## Brief
Retype every entry precisely and keep each line whole.

## Material for this exercise
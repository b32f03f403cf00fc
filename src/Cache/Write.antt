-- ===== src/Cache/Write.antt =====
-- `Cache::write` of client_src/cache.cpp: what the cache holds after a write.
use net_fs.Prelude.{
  ℕ, zero, suc, ◌+◌, ◌-◌, ◌*◌, ◌<◌, ◌≤◌, min, List, [], ◌∷◌, length, take, drop, get_elem?, some,
  ◌==◌, str_eq, str_eq_iff, nat_eq, string_eq, ◌&&◌, if◌then◌else◌, find, ok, ◌≡◌, refl, ap, subst,
  ◌∙◌, arith, Option-cases, inl, inr, true, length-take, length-drop,
}
use net_fs.Cache.State.{FileCache, Cache}
use net_fs.Cache.Blocks.{write_block}
use net_fs.Cache.Valid.{IsValid, find_entry, view}
use net_fs.Cache.Store.{file_facts}
use net_fs.Cache.WriteBlock.{Wrote, dirty_at, write_block_lem}
use net_fs.Cache.Span.{in_span, span_step, span_split, two_changes, block_order}
use net_fs.Cache.Ops.{write_loop}

-- The cache `c'` is `c` with `buf` written into a file from the position `start` on.
pub record Spread (c c' : Cache) (f : List ℕ) (start : ℕ) (buf : List ℕ) : Type 0 where
  pub valid : IsValid c'
  pub same_size : c'.block_size ≡ c.block_size
  pub same_facts : (g : List ℕ) → file_facts c' g ≡ file_facts c g
  pub bytes :
      (g : List ℕ) (k x : ℕ)
      → x < c.block_size
      → view c' g k x ≡ (
          if str_eq f g && in_span start (length buf) (k * c.block_size + x)
          then get_elem? buf (k * c.block_size + x - start)
          else view c g k x)
  pub stays_dirty : (g : List ℕ) (k : ℕ) → dirty_at c g k ≡ true → dirty_at c' g k ≡ true
  pub becomes_dirty :
      (k x : ℕ)
      → x < c.block_size
      → in_span start (length buf) (k * c.block_size + x) ≡ true
      → dirty_at c' f k ≡ true

file_facts-find :
    (c c' : Cache) (g : List ℕ) (fc : FileCache)
    → file_facts c' g ≡ file_facts c g
    → find g c.file_map ≡ some fc
    → (fc' : FileCache) × (find g c'.file_map ≡ some fc')
file_facts-find c c' g fc facts h = elim (Option-cases (find g c'.file_map)) [
  | inl miss ↦ absurd (unfold file_facts in ground arith)
  | inr found ↦ found
]

Spread-refl : (c : Cache) (f : List ℕ) (start : ℕ) → IsValid c → Spread c c f start []
Spread-refl c f start v = record {
  valid = v;
  same_size = refl;
  same_facts = λ g. refl;
  bytes = λ g k x h. ground arith;
  stays_dirty = λ g k h. h;
  becomes_dirty = λ k x h i. absurd (ground arith);
}

-- The first block and what follows it.
Spread-step :
    (c c₁ c' : Cache) (f : List ℕ) (curr bstart n : ℕ) (buf : List ℕ)
    → bstart < c.block_size
    → n ≡ min (c.block_size - bstart) (length buf)
    → Wrote c c₁ f curr bstart (take n buf)
    → Spread c₁ c' f (curr * c.block_size + c.block_size) (drop n buf)
    → Spread c c' f (curr * c.block_size + bstart) buf
unfolding view find_entry
Spread-step c c₁ c' f curr bstart n buf h e w s =
    let len : length (take n buf) ≡ n = omega (arith, length-take n buf) in
    let left : length (drop n buf) ≡ length buf - n = omega (arith, length-drop n buf) in
    record {
      valid = s.valid;
      same_size = s.same_size ∙ w.same_size;
      same_facts = λ g. s.same_facts g ∙ w.same_facts g;
      bytes = λ g k x inner.
          let order = block_order c.block_size curr k in
          let step =
            span_step c.block_size curr k x bstart n (curr * c.block_size) (k * c.block_size) buf
              (view c g k x) inner h e order in
          let rest = rw (w.same_size, left) at (s.bytes g k x (rw w.same_size inner)) in
          let first = rw len at (w.bytes g k x) in
          two_changes (str_eq f g) _ (curr == k) _ _ _ (view c₁ g k x) (view c g k x) _ _ _ rest
            first step;
      stays_dirty = λ g k d. s.stays_dirty g k (ground (arith, w.dirt g k));
      becomes_dirty = λ k x inner i.
          let order = block_order c.block_size curr k in
          elim (span_split c.block_size curr k x bstart n (length buf) (curr * c.block_size)
            (k * c.block_size) inner h e order i) [
              | inl rest ↦ s.becomes_dirty k x (rw w.same_size inner) (rw (w.same_size, left) rest)
              | inr first ↦
                  s.stays_dirty f k (w.dirt f k ∙ rw (first, (str_eq_iff f f).1 refl) refl)
            ];
    }

write_loop_cons :
    (fuel : ℕ) (c c₁ c' : Cache) (f : List ℕ) (curr bstart y : ℕ) (ys : List ℕ)
    → write_block f curr bstart (take (min (c.block_size - bstart) (length (y ∷ ys))) (y ∷ ys)) c
      ≡ ok c₁
    → write_loop fuel f
        (curr + 1)
        0
        (drop (min (c.block_size - bstart) (length (y ∷ ys))) (y ∷ ys))
        c₁
      ≡ ok c'
    → write_loop (suc fuel) f curr bstart (y ∷ ys) c ≡ ok c'
unfolding write_loop
write_loop_cons fuel c c₁ c' f curr bstart y ys run rest = rw run rest

-- The loop ends within its fuel, without a failed assertion, and writes the whole buffer.
pub write_loop_lem :
    (fuel : ℕ) (c : Cache) (f : List ℕ) (curr bstart : ℕ) (buf : List ℕ) (fc : FileCache)
    → IsValid c
    → find f c.file_map ≡ some fc
    → bstart < c.block_size
    → length buf ≤ fuel
    → (c' : Cache) × (write_loop fuel f curr bstart buf c ≡ ok c')
      × Spread c c' f (curr * c.block_size + bstart) buf
unfolding write_loop
write_loop_lem zero c f curr bstart [] fc v known h enough = (c, refl, Spread-refl c f _ v)
write_loop_lem (suc fuel) c f curr bstart [] fc v known h enough = (c, refl, Spread-refl c f _ v)
write_loop_lem zero c f curr bstart (y ∷ ys) fc v known h enough = absurd (omega arith)
write_loop_lem (suc fuel) c f curr bstart (y ∷ ys) fc v known h enough =
    let buf : List ℕ = y ∷ ys in
    let n : ℕ = min (c.block_size - bstart) (length buf) in
    let len : length (take n buf) ≡ n = omega (arith, length-take n buf) in
    let (c₁, run, w) =
      write_block_lem c f curr bstart (take n buf) fc v known (omega arith) (omega arith) in
    let (fc₁, known₁) = file_facts-find c c₁ f fc (w.same_facts f) known in
    let (c', rest, s) =
      write_loop_lem fuel c₁ f (curr + 1) 0 (drop n buf) fc₁ w.valid known₁
        (omega (arith, w.valid.positive)) (omega (arith, length-drop n buf)) in
    let next : (curr + 1) * c₁.block_size + 0 ≡ curr * c.block_size + c.block_size =
      omega (arith, ap (λ (m : ℕ). curr * m) w.same_size) in
    (
      c',
      write_loop_cons fuel c c₁ c' f curr bstart y ys run rest,
      Spread-step c c₁ c' f curr bstart n buf h refl w
          (subst {A = ℕ} (λ p. Spread c₁ c' f p (drop n buf)) next s),
    )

## Result for this exercise
repository b32f03f403cf00fc
filename src/Cache/Write.antt
-- ===== src/Cache/Write.antt =====
-- `Cache::write` of client_src/cache.cpp: what the cache holds after a write.
use net_fs.Prelude.{
  ℕ, zero, suc, ◌+◌, ◌-◌, ◌*◌, ◌<◌, ◌≤◌, min, List, [], ◌∷◌, length, take, drop, get_elem?, some,
  ◌==◌, str_eq, str_eq_iff, nat_eq, string_eq, ◌&&◌, if◌then◌else◌, find, ok, ◌≡◌, refl, ap, subst,
  ◌∙◌, arith, Option-cases, inl, inr, true, length-take, length-drop,
}
use net_fs.Cache.State.{FileCache, Cache}
use net_fs.Cache.Blocks.{write_block}
use net_fs.Cache.Valid.{IsValid, find_entry, view}
use net_fs.Cache.Store.{file_facts}
use net_fs.Cache.WriteBlock.{Wrote, dirty_at, write_block_lem}
use net_fs.Cache.Span.{in_span, span_step, span_split, two_changes, block_order}
use net_fs.Cache.Ops.{write_loop}

-- The cache `c'` is `c` with `buf` written into a file from the position `start` on.
pub record Spread (c c' : Cache) (f : List ℕ) (start : ℕ) (buf : List ℕ) : Type 0 where
  pub valid : IsValid c'
  pub same_size : c'.block_size ≡ c.block_size
  pub same_facts : (g : List ℕ) → file_facts c' g ≡ file_facts c g
  pub bytes :
      (g : List ℕ) (k x : ℕ)
      → x < c.block_size
      → view c' g k x ≡ (
          if str_eq f g && in_span start (length buf) (k * c.block_size + x)
          then get_elem? buf (k * c.block_size + x - start)
          else view c g k x)
  pub stays_dirty : (g : List ℕ) (k : ℕ) → dirty_at c g k ≡ true → dirty_at c' g k ≡ true
  pub becomes_dirty :
      (k x : ℕ)
      → x < c.block_size
      → in_span start (length buf) (k * c.block_size + x) ≡ true
      → dirty_at c' f k ≡ true

file_facts-find :
    (c c' : Cache) (g : List ℕ) (fc : FileCache)
    → file_facts c' g ≡ file_facts c g
    → find g c.file_map ≡ some fc
    → (fc' : FileCache) × (find g c'.file_map ≡ some fc')
file_facts-find c c' g fc facts h = elim (Option-cases (find g c'.file_map)) [
  | inl miss ↦ absurd (unfold file_facts in ground arith)
  | inr found ↦ found
]

Spread-refl : (c : Cache) (f : List ℕ) (start : ℕ) → IsValid c → Spread c c f start []
Spread-refl c f start v = record {
  valid = v;
  same_size = refl;
  same_facts = λ g. refl;
  bytes = λ g k x h. ground arith;
  stays_dirty = λ g k h. h;
  becomes_dirty = λ k x h i. absurd (ground arith);
}

-- The first block and what follows it.
Spread-step :
    (c c₁ c' : Cache) (f : List ℕ) (curr bstart n : ℕ) (buf : List ℕ)
    → bstart < c.block_size
    → n ≡ min (c.block_size - bstart) (length buf)
    → Wrote c c₁ f curr bstart (take n buf)
    → Spread c₁ c' f (curr * c.block_size + c.block_size) (drop n buf)
    → Spread c c' f (curr * c.block_size + bstart) buf
unfolding view find_entry
Spread-step c c₁ c' f curr bstart n buf h e w s =
    let len : length (take n buf) ≡ n = omega (arith, length-take n buf) in
    let left : length (drop n buf) ≡ length buf - n = omega (arith, length-drop n buf) in
    record {
      valid = s.valid;
      same_size = s.same_size ∙ w.same_size;
      same_facts = λ g. s.same_facts g ∙ w.same_facts g;
      bytes = λ g k x inner.
          let order = block_order c.block_size curr k in
          let step =
            span_step c.block_size curr k x bstart n (curr * c.block_size) (k * c.block_size) buf
              (view c g k x) inner h e order in
          let rest = rw (w.same_size, left) at (s.bytes g k x (rw w.same_size inner)) in
          let first = rw len at (w.bytes g k x) in
          two_changes (str_eq f g) _ (curr == k) _ _ _ (view c₁ g k x) (view c g k x) _ _ _ rest
            first step;
      stays_dirty = λ g k d. s.stays_dirty g k (ground (arith, w.dirt g k));
      becomes_dirty = λ k x inner i.
          let order = block_order c.block_size curr k in
          elim (span_split c.block_size curr k x bstart n (length buf) (curr * c.block_size)
            (k * c.block_size) inner h e order i) [
              | inl rest ↦ s.becomes_dirty k x (rw w.same_size inner) (rw (w.same_size, left) rest)
              | inr first ↦
                  s.stays_dirty f k (w.dirt f k ∙ rw (first, (str_eq_iff f f).1 refl) refl)
            ];
    }

write_loop_cons :
    (fuel : ℕ) (c c₁ c' : Cache) (f : List ℕ) (curr bstart y : ℕ) (ys : List ℕ)
    → write_block f curr bstart (take (min (c.block_size - bstart) (length (y ∷ ys))) (y ∷ ys)) c
      ≡ ok c₁
    → write_loop fuel f
        (curr + 1)
        0
        (drop (min (c.block_size - bstart) (length (y ∷ ys))) (y ∷ ys))
        c₁
      ≡ ok c'
    → write_loop (suc fuel) f curr bstart (y ∷ ys) c ≡ ok c'
unfolding write_loop
write_loop_cons fuel c c₁ c' f curr bstart y ys run rest = rw run rest

-- The loop ends within its fuel, without a failed assertion, and writes the whole buffer.
pub write_loop_lem :
    (fuel : ℕ) (c : Cache) (f : List ℕ) (curr bstart : ℕ) (buf : List ℕ) (fc : FileCache)
    → IsValid c
    → find f c.file_map ≡ some fc
    → bstart < c.block_size
    → length buf ≤ fuel
    → (c' : Cache) × (write_loop fuel f curr bstart buf c ≡ ok c')
      × Spread c c' f (curr * c.block_size + bstart) buf
unfolding write_loop
write_loop_lem zero c f curr bstart [] fc v known h enough = (c, refl, Spread-refl c f _ v)
write_loop_lem (suc fuel) c f curr bstart [] fc v known h enough = (c, refl, Spread-refl c f _ v)
write_loop_lem zero c f curr bstart (y ∷ ys) fc v known h enough = absurd (omega arith)
write_loop_lem (suc fuel) c f curr bstart (y ∷ ys) fc v known h enough =
    let buf : List ℕ = y ∷ ys in
    let n : ℕ = min (c.block_size - bstart) (length buf) in
    let len : length (take n buf) ≡ n = omega (arith, length-take n buf) in
    let (c₁, run, w) =
      write_block_lem c f curr bstart (take n buf) fc v known (omega arith) (omega arith) in
    let (fc₁, known₁) = file_facts-find c c₁ f fc (w.same_facts f) known in
    let (c', rest, s) =
      write_loop_lem fuel c₁ f (curr + 1) 0 (drop n buf) fc₁ w.valid known₁
        (omega (arith, w.valid.positive)) (omega (arith, length-drop n buf)) in
    let next : (curr + 1) * c₁.block_size + 0 ≡ curr * c.block_size + c.block_size =
      omega (arith, ap (λ (m : ℕ). curr * m) w.same_size) in
    (
      c',
      write_loop_cons fuel c c₁ c' f curr bstart y ys run rest,
      Spread-step c c₁ c' f curr bstart n buf h refl w
          (subst {A = ℕ} (λ p. Spread c₁ c' f p (drop n buf)) next s),
    )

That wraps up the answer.